Montgomery County DA Ligon’s message to potential murderers: “Put down the egg nog. Go to church. Take a long walk.”

As we head into the Thanksgiving holiday, Montgomery County District Attorney Brett Ligon delivered a very serious citizen comment at the end of the November 20, 2018, Commissioners Court meeting, with First Assistant District Attorney Mike Holley (left, background), and 9th District Judge Phil Grand (right, background) listening.

Conroe, November 21 – Montgomery County District Attorney Brett Ligon presented a very serious message to would-be murders in Montgomery County during a citizen comment at the Tuesday, November 20, 2018, Commissioners Court meeting. Rather than insisting upon special treatment as an elected servant, Ligon waited until the end of the Commissioners Court to present these remarks, which he delivered with First Assistant District Attorney Mike Holley and 9th District Judge Phil Grant observing.

Ligon’s entire comments concerning would-be murders follows:

“Morning, Judge, Commissioners…what I wanted to talk about is that there have been some high-profile homicides that have been committed in Montgomery County and it kinds of brings us back to the thing that we talk about within my circle, but perhaps the general public is not aware of. So, I thought this is a great opportunity to talk about it right here before the holidays.
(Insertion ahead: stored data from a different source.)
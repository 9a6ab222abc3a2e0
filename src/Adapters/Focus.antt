-- ===== src/Adapters/Focus.antt =====
-- src/autoperf/adapters.py, AndroidTvAdapter: a remote control moves the focus and presses select.
use auto_perf.Prelude.{ℕ, zero, suc, String, Option, none, some, List, [], ◌∷◌, leb, if◌then◌else◌}
use auto_perf.Prelude.Count.{first}
use auto_perf.Prelude.Int.{ℤ, ◌-ℤ◌, abs, is_positive}
use auto_perf.UiAuto.{Node, Target, Resolution, center, same_bounds, resolve}
use auto_perf.Adapters.Lookup.{Waits}

pub data Key : Type 0 where
  dpad_up dpad_down dpad_left dpad_right dpad_center : Key

-- `_step_toward`, from the gaps
abbrev pub toward : ℤ → ℤ → Key
toward dx dy =
    if leb (abs dx) (abs dy)
    then (if is_positive dy then Key.dpad_down else Key.dpad_up)
    else if is_positive dx
    then Key.dpad_right
    else Key.dpad_left

abbrev pub step_toward : ℤ × ℤ → ℤ × ℤ → Key
step_toward (x1, y1) (x2, y2) = toward (x2 -ℤ x1) (y2 -ℤ y1)

-- the element is not there, the steps are used up, a dump failed, or the element was selected
pub data Pressed : Type 0 where
  not_on_screen not_reached dump_error : Pressed
  selected : String → Pressed

abbrev pub target_node : Option Resolution → Option Node
target_node none = none
target_node (some r) = r.node

abbrev pub strategy_found : Option Resolution → String
strategy_found none = ""
strategy_found (some r) = r.strategy

abbrev press : Key → List Key × Pressed → List Key × Pressed
press key (keys, result) = (key ∷ keys, result)

-- one turn of the loop: the node that is sought, and the node that has the focus
abbrev pub turn : Option Node → Option Node → String → List Key × Pressed → List Key × Pressed
turn none focused strategy rest = ([], not_on_screen)
turn (some target) none strategy rest = press Key.dpad_down rest
turn (some target) (some focused) strategy rest =
    if same_bounds focused.bounds target.bounds
    then (Key.dpad_center ∷ [], selected strategy)
    else press (step_toward (center focused) (center target)) rest

module _ (lower : String → String) (t : Target) (screen : ℕ × ℕ) where
  -- what a dump that did not fail leads to
  abbrev pub turn_on : Option (List Node) → List Key × Pressed → List Key × Pressed
  turn_on none rest = ([], dump_error)
  turn_on (some nodes) rest =
      let found = resolve lower t nodes screen in
      turn (target_node found) (first (λ n. n.focused) nodes) (strategy_found found) rest

  -- the keys that are pressed, with `left` turns to go
  unfoldable pub walk : (ℕ → Option (List Node)) → ℕ → ℕ → List Key × Pressed
  walk device zero i = ([], not_reached)
  walk device (suc left) i = turn_on (device i) (walk device left (suc i))

-- `tap_element`, on a television
unfoldable pub tap_element_tv :
    (String → String) → Target → ℕ × ℕ → (ℕ → Option (List Node)) → Waits → List Key × Pressed
unfolding walk
tap_element_tv lower t screen device w = walk lower t screen device w.max_focus_steps 0
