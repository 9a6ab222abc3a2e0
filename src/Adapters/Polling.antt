-- ===== src/Adapters/Polling.antt =====
-- src/autoperf/adapters.py: the checks that wait for a state of an element and for playback. Times are
-- in microseconds since the check began, and `now` is what the clock reads after each reading.
use auto_perf.Prelude.{
  ℕ, zero, suc, String, Bool, true, false, not, Option, none, some, ◌==◌, ◌||◌, leb, if◌then◌else◌,
}
use auto_perf.UiAuto.{Node, Target, Resolution}
use auto_perf.Adapters.Lookup.{
  Waits, Dump, Cost, no_cost, attempts, Verdict, verified, unknown, failed,
}
use auto_perf.Adapters.Focus.{target_node, strategy_found}

-- The loop of both checks: it reads until a reading is the expected one or the time is up. It is
-- `none` where `left` readings were not enough for either.
module _ {A : Type 0} (reading : ℕ → A) (hit : A → Bool) (late : ℕ → Bool) where
  unfoldable pub poll : ℕ → ℕ → Option A
  poll zero i = none
  poll (suc left) i =
      let rest = poll left (suc i) in
      if hit (reading i) then some (reading i) else if late i then some (reading i) else rest

-- time.monotonic() >= deadline
abbrev pub is_late : ℕ → (ℕ → ℕ) → ℕ → Bool
is_late timeout now i = leb timeout (now i)

-- `if playing`
abbrev pub is_true : Option Bool → Bool
is_true none = false
is_true (some b) = b

abbrev pub playback : Option Bool → Verdict
playback none = unknown
playback (some true) = verified
playback (some false) = failed

abbrev pub playback_of : Option (Option Bool) → Option Verdict
playback_of none = none
playback_of (some playing) = some (playback playing)

-- `verify_playing`, from what `uiauto.is_playing` answers each time
unfoldable pub verify_playing : (ℕ → Option Bool) → ℕ → (ℕ → ℕ) → ℕ → Option Verdict
unfolding poll
verify_playing playing timeout now fuel =
    playback_of (poll playing is_true (is_late timeout now) fuel 0)

-- `state in uiauto.VERIFIABLE_STATES`
abbrev pub is_verifiable : String → Bool
is_verifiable state = (state == "selected") || (state == "checked")

-- `getattr(node, state)`
abbrev pub state_of : String → Node → Bool
state_of state n = if state == "selected" then n.selected else n.checked

-- `getattr(node, state) is expected`
abbrev pub is_as : Bool → Bool → Bool
is_as true b = b
is_as false b = not b

abbrev pub is_in_state : String → Bool → Option Node → Bool
is_in_state state expected none = false
is_in_state state expected (some n) = is_as expected (state_of state n)

-- ValueError, `verified` True and None, and VerificationError with the state that was found
pub data StateCheck : Type 0 where
  unsupported : StateCheck
  in_state : String → Cost → StateCheck
  unreadable : Cost → StateCheck
  wrong_state : Bool → StateCheck

module _ (lower : String → String) (t : Target) (screen : ℕ × ℕ) (w : Waits) (device : ℕ → ℕ → Dump)
    (state : String) (expected : Bool) where
  abbrev pub look : ℕ → Cost → Option Resolution × Cost
  look i cost = attempts lower t screen (device i) w w.resolve_attempts 0 0 cost none

  -- what the `i`-th lookup finds, with the cost of all so far
  unfoldable pub reading : ℕ → Option Resolution × Cost
  reading zero = look 0 no_cost
  reading (suc i) = look (suc i) (reading i).1

  abbrev pub is_reached : Option Resolution × Cost → Bool
  is_reached (found, cost) = is_in_state state expected (target_node found)

  abbrev pub missed : Option Node → Cost → StateCheck
  missed none cost = unreadable cost
  missed (some n) cost = wrong_state (state_of state n)

  abbrev pub judged : Option Resolution × Cost → StateCheck
  judged (found, cost) =
      if is_in_state state expected (target_node found)
      then in_state (strategy_found found) cost
      else missed (target_node found) cost

  abbrev pub judged_of : Option (Option Resolution × Cost) → Option StateCheck
  judged_of none = none
  judged_of (some r) = some (judged r)

  unfoldable pub verify_element_state : ℕ → (ℕ → ℕ) → ℕ → Option StateCheck
  unfolding poll reading
  verify_element_state timeout now fuel =
      if is_verifiable state
      then judged_of (poll reading is_reached (is_late timeout now) fuel 0)
      else some unsupported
“Historically, we’ve averaged about 30 murders per year. Our highest, or bellwether year, for some reason was in 1996. I don’t know why. It was a much smaller population, but we don’t have many more murders now than we did in the mid-1990s. But we have more homicides. Now, why would you have a homicide and not have a murder? Because you have murder-suicides. So Dr. Paneri [the County’s forensic pathologist] have gotten together and looked at those that are tied to domestic violence.

“Here’s the sobering fact that I wanted to bring to the Court’s attention and as a way of getting out to the general public. We’re going to do about 30 murders a year and we’ve filed about 30 murders a year. We’re going to have closer to 50 homicides a year. But of those 30 murders, two-thirds of those are domestic violence. Now, I know we just got through Domestic Violence Awareness Month. Two-thirds of our murders in Montgomery County historically and including this year have been domestic violence related.

“A hundred percent of those [murders that are domestic violence related] have had drugs or alcohol involved. So either the victim is intoxicated or has alcohol in their system or likely the defendant does. Here’s another fact that is just galling to me. A hundred percent of those victims have been women.

“So our murders in Montgomery County one of the things that I wrestle back and forth with is, if you can predict it, can you prevent it?

“I can tell you that coming into Thanksgiving, people increase their alcohol intake, deal with the stress, deal with the holidays, dealing with Christmas, have family situations. So this is my way of a little bit of a PSA. I’m trying to give a little bit of attention to this.

“Put down the egg nog. Go to church. Take a long walk. Do something. If it’s the family relationships that are driving the vast majority of the murders that we have in Montgomery County, there are some steps that you can take.

“The Montgomery County Women’s Center is a great facility, particularly when you’re dealing with the vast majority of our victims being female. We’re looking at some tools that we can perhaps help patrol officers with identifying who is more likely to offend, at the murder rate. Lethality assessment is something we’re trying to get law enforcement on board with. Those men who strangle are almost inevitably the ones who kill. There’s a direct correlation between those defendants who strangled a spouse or a loved one, and there’s a direct tie-in to officer-involved shootings. The vast majority of people who are involved in officer-involved shootings have a huge history in domestic violence, particularly strangulation.

“There’s things that we can predict, but I don’t know if we can prevent them. I’d ask that the Court when you’re out there in the public when you have the opportunity, really just come forward to bring some light to this before the holidays. It is a sad fact. If we could cut our overall domestic violence murder rate down, then we’d be cutting our overall homicide rate.

“Montgomery County, as you know, is a very, very safe County. It’s about 5 homicides per 100,000. Almost all of our murders are people that they know.

“I want to thank you for your time, Judge, and I appreciate it.